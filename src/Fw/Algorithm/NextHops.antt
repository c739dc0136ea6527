-- ===== src/Fw/Algorithm/NextHops.antt =====
-- Which next hops `isNextHopEligible` lets through, and the pick of
-- `findEligibleNextHopWithEarliestOutRecord`.
use mathlib.Core.List.{Memᴰ}
use nfd_out_of_the_box.Packet.{FaceRef, Face, Interest, local, ad_hoc}
use nfd_out_of_the_box.Pit.{Entry, OutRecord, get_out_record}
use nfd_out_of_the_box.Fw.Algorithm.{
  ScopePrefix, NextHop, would_violate_scope, is_next_hop_eligible, earliest, time_max,
  find_eligible_next_hop_with_earliest_out_record,
}
use nfd_out_of_the_box.Prelude.{
  ℕ, ◌≤◌, ◌<◌, ◌≡◌, refl, ◌≢◌, ◌⊎◌, inl, inr, Bool, true, false, Option, none, some, List, [], ◌∷◌,
  arith, ltb, Bool-cases, Option-cases,
}

-- An out-record, if there is one, that was not renewed before `t`.
abbrev pub Since : ℕ → Option OutRecord → Type 0
Since t none = Unit {0}
Since t (some r) = t ≤ r.last_renewed

Since-mono : (t u : ℕ) (o : Option OutRecord) → t ≤ u → Since u o → Since t o
Since-mono t u none le since = tt
Since-mono t u (some r) le since = omega arith

module _ {N : Type 0} (s : ScopePrefix N) (faces : FaceRef → Face) (in_f : FaceRef)
    (i : Interest N) where
  -- An eligible next hop does not send the Interest back: its face has another identifier than the
  -- incoming face, or is ad hoc. It takes no Interest under /localhost to a face that is not
  -- local, and one under /localhop only from a local face. With `want_unused` the face has no
  -- out-record that is still unexpired.
  pub is_next_hop_eligible_guards :
      (e : Entry N) (want_unused : Bool) (now : ℕ) (h : NextHop)
      → is_next_hop_eligible s faces in_f i e want_unused now h ≡ true
      → (((faces h.face).id ≢ (faces in_f).id) ⊎ ((faces h.face).link_type ≡ ad_hoc))
        × ((s.localhost i.name ≡ false) ⊎ ((faces h.face).scope ≡ local))
        × ((s.localhop i.name ≡ false)
            ⊎ ((faces h.face).scope ≡ local)
            ⊎ ((faces in_f).scope ≡ local))
        × ((want_unused ≡ false)
            ⊎ (get_out_record h.face e ≡ none)
            ⊎ ((r : OutRecord) × (get_out_record h.face e ≡ some r) × (r.expiry ≤ now)))
  unfolding is_next_hop_eligible would_violate_scope
  is_next_hop_eligible_guards e want_unused now h ok =
      (ground arith, ground arith, ground arith, unused)
    where
      unused :
          (want_unused ≡ false)
          ⊎ (get_out_record h.face e ≡ none)
          ⊎ ((r : OutRecord) × (get_out_record h.face e ≡ some r) × (r.expiry ≤ now))
      unused = elim (Option-cases (get_out_record h.face e)) [
        | inl gone ↦ inr (inl gone)
        | inr (r, o) ↦ elim (Bool-cases want_unused) [
          | inr any ↦ inl any
          | inl w ↦ inr (inr (r, o, ground arith))
        ]
      ]

  module _ (e : Entry N) where
    abbrev pub Eligible : NextHop → Type 0
    Eligible h = is_next_hop_eligible s faces in_f i e false 0 h ≡ true

    abbrev pub Ineligible : NextHop → Type 0
    Ineligible h = is_next_hop_eligible s faces in_f i e false 0 h ≡ false

    -- No eligible next hop of the list was renewed before `t`.
    abbrev pub AllSince : ℕ → List NextHop → Type 0
    AllSince t [] = Unit {0}
    AllSince t (h ∷ hs) = (Ineligible h ⊎ Since t (get_out_record h.face e)) × AllSince t hs

    -- The note of `findEligibleNextHopWithEarliestOutRecord`: each eligible next hop has an
    -- out-record, renewed before the end of time.
    abbrev pub HasRecords : List NextHop → Type 0
    HasRecords [] = Unit {0}
    HasRecords (h ∷ hs) =
        (Ineligible h
          ⊎ ((r : OutRecord) × (get_out_record h.face e ≡ some r) × (r.last_renewed < time_max)))
        × HasRecords hs

    pub data Pick (found : Option NextHop) (renewed : ℕ) (hs : List NextHop) (res : Option NextHop)
        : Type 0 where
      keep : res ≡ found → AllSince renewed hs → Pick found renewed hs res
      take :
          (h : NextHop) (r : OutRecord)
          → Memᴰ h hs
          → Eligible h
          → get_out_record h.face e ≡ some r
          → r.last_renewed < renewed
          → AllSince r.last_renewed hs
          → res ≡ some h
          → Pick found renewed hs res

    abbrev HeadSince : ℕ → NextHop → Type 0
    HeadSince t h = Ineligible h ⊎ Since t (get_out_record h.face e)

    HeadSince-mono : (t u : ℕ) (h : NextHop) → t ≤ u → HeadSince u h → HeadSince t h
    HeadSince-mono t u h le (inl skip) = inl skip
    HeadSince-mono t u h le (inr since) = inr (Since-mono t u (get_out_record h.face e) le since)

    HeadSince-some :
        (t : ℕ) (h : NextHop) (r : OutRecord)
        → get_out_record h.face e ≡ some r
        → t ≤ r.last_renewed
        → HeadSince t h
    HeadSince-some t h r o le = inr (rw o le)

    AllSince-mono : (t u : ℕ) (hs : List NextHop) → t ≤ u → AllSince u hs → AllSince t hs
    AllSince-mono t u [] le a = tt
    AllSince-mono t u (h ∷ hs) le a = (HeadSince-mono t u h le a.0, AllSince-mono t u hs le a.1)

    Pick-skip :
        (h : NextHop) (found : Option NextHop) (renewed : ℕ) (hs : List NextHop)
        (res : Option NextHop)
        → HeadSince renewed h
        → Pick found renewed hs res
        → Pick found renewed (h ∷ hs) res
    Pick-skip h found renewed hs res head (keep eq a) = keep eq (head, a)
    Pick-skip h found renewed hs res head (take h' r' m ok o lt a eq) =
        take h' r' (Memᴰ.tail m) ok o lt
          (HeadSince-mono r'.last_renewed renewed h (omega arith) head, a) eq

    Pick-take :
        (h : NextHop) (r : OutRecord) (found : Option NextHop) (renewed : ℕ) (hs : List NextHop)
        (res : Option NextHop)
        → Eligible h
        → get_out_record h.face e ≡ some r
        → r.last_renewed < renewed
        → Pick (some h) r.last_renewed hs res
        → Pick found renewed (h ∷ hs) res
    Pick-take h r found renewed hs res ok o lt (keep eq a) =
        take h r (Memᴰ.head refl) ok o lt (HeadSince-some r.last_renewed h r o (omega arith), a) eq
    Pick-take h r found renewed hs res ok o lt (take h' r' m ok' o' lt' a eq) =
        take h' r' (Memᴰ.tail m) ok' o' (omega arith)
          (HeadSince-some r'.last_renewed h r o (omega arith), a) eq

    record_of :
        (h : NextHop)
        → Ineligible h
          ⊎ ((r : OutRecord) × (get_out_record h.face e ≡ some r) × (r.last_renewed < time_max))
        → Eligible h
        → (r : OutRecord) × (get_out_record h.face e ≡ some r) × (r.last_renewed < time_max)
    record_of h (inl skip) ok = absurd (cc)
    record_of h (inr found) ok = found

    earliest-Pick :
        (hs : List NextHop) (found : Option NextHop) (renewed : ℕ)
        → HasRecords hs
        → (res : Option NextHop) × (earliest s faces in_f i e found renewed hs ≡ some res)
          × Pick found renewed hs res
    unfolding earliest
    earliest-Pick [] found renewed all = (found, refl, keep refl tt)
    earliest-Pick (h ∷ hs) found renewed all =
        let (res, runs, pick) = earliest-Pick hs found renewed all.1 in
        elim (Bool-cases (is_next_hop_eligible s faces in_f i e false 0 h)) [
          | inr skip ↦ (res, rw skip runs, Pick-skip h found renewed hs res (inl skip) pick)
          | inl ok ↦
              let (r, o, _) = record_of h all.0 ok in
              elim (Bool-cases (ltb r.last_renewed renewed)) [
                | inl lt ↦
                    let (res', runs', pick') = earliest-Pick hs (some h) r.last_renewed all.1 in
                    (
                      res',
                      rw (ok, o, lt) runs',
                      Pick-take h r found renewed hs res' ok o (ground arith) pick',
                    )
                | inr ge ↦ (
                  res,
                  rw (ok, o, ge) runs,
                  Pick-skip h found renewed hs res (HeadSince-some renewed h r o (ground arith))
                      pick,
                )
              ]
        ]

    abbrev pub NoneEligible : List NextHop → Type 0
    NoneEligible [] = Unit {0}
    NoneEligible (h ∷ hs) = Ineligible h × NoneEligible hs

    none_eligible : (hs : List NextHop) → HasRecords hs → AllSince time_max hs → NoneEligible hs
    none_eligible [] all a = tt
    none_eligible (h ∷ hs) all a = (head all.0 a.0, none_eligible hs all.1 a.1)
      where
        head :
            Ineligible h
              ⊎ ((r : OutRecord) × (get_out_record h.face e ≡ some r) × (r.last_renewed < time_max))
            → HeadSince time_max h
            → Ineligible h
        head (inl skip) since = skip
        head (inr found) (inl skip) = skip
        head (inr (r, o, lt)) (inr since) =
            let le : time_max ≤ r.last_renewed = rw o at since in absurd (omega arith)

    -- Where each eligible next hop has an out-record, renewed before the greatest time of the clock, the
    -- search ends without a failed assertion: either no next hop is eligible and it finds none, or it finds an eligible next hop of the
    -- list such that no eligible one has an out-record renewed before.
    pub find_eligible_next_hop_with_earliest_out_record_lem :
        (hs : List NextHop)
        → HasRecords hs
        → ((find_eligible_next_hop_with_earliest_out_record s faces in_f i e hs ≡ some none)
            × NoneEligible hs)
          ⊎ ((h : NextHop) × (r : OutRecord) × (find_eligible_next_hop_with_earliest_out_record s
                  faces in_f i e hs
                ≡ some (some h))
              × Memᴰ h hs
              × Eligible h
              × (get_out_record h.face e ≡ some r)
              × AllSince r.last_renewed hs)
    unfolding find_eligible_next_hop_with_earliest_out_record
    find_eligible_next_hop_with_earliest_out_record_lem hs all =
        go (earliest-Pick hs none time_max all)
      where
        go :
            (res : Option NextHop) × (earliest s faces in_f i e none time_max hs ≡ some res)
              × Pick none time_max hs res
            → ((earliest s faces in_f i e none time_max hs ≡ some none) × NoneEligible hs)
              ⊎ ((h : NextHop) × (r : OutRecord) × (earliest s faces in_f i e none time_max hs
                    ≡ some (some h))
                  × Memᴰ h hs
                  × Eligible h
                  × (get_out_record h.face e ≡ some r)
                  × AllSince r.last_renewed hs)
        go (res, runs, keep eq a) = inl (cc, none_eligible hs all a)
        go (res, runs, take h r m ok o lt a eq) = inr (h, r, cc, m, ok, o, a)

- - - - - - -

> _Prompt_
Your task is to restate, word for word, only those lines above that fall between the line holding "rw (ok, o, lt)" and the line holding "-- Where each", inclusive.

> _Exercise result_
                      rw (ok, o, lt) runs',
                      Pick-take h r found renewed hs res' ok o (ground arith) pick',
                    )
                | inr ge ↦ (
                  res,
                  rw (ok, o, ge) runs,
                  Pick-skip h found renewed hs res (HeadSince-some renewed h r o (ground arith))
                      pick,
                )
              ]
        ]

    abbrev pub NoneEligible : List NextHop → Type 0
    NoneEligible [] = Unit {0}
    NoneEligible (h ∷ hs) = Ineligible h × NoneEligible hs

    none_eligible : (hs : List NextHop) → HasRecords hs → AllSince time_max hs → NoneEligible hs
    none_eligible [] all a = tt
    none_eligible (h ∷ hs) all a = (head all.0 a.0, none_eligible hs all.1 a.1)
      where
        head :
            Ineligible h
              ⊎ ((r : OutRecord) × (get_out_record h.face e ≡ some r) × (r.last_renewed < time_max))
            → HeadSince time_max h
            → Ineligible h
        head (inl skip) since = skip
        head (inr found) (inl skip) = skip
        head (inr (r, o, lt)) (inr since) =
            let le : time_max ≤ r.last_renewed = rw o at since in absurd (omega arith)

    -- Where each eligible next hop has an out-record, renewed before the greatest time of the clock, the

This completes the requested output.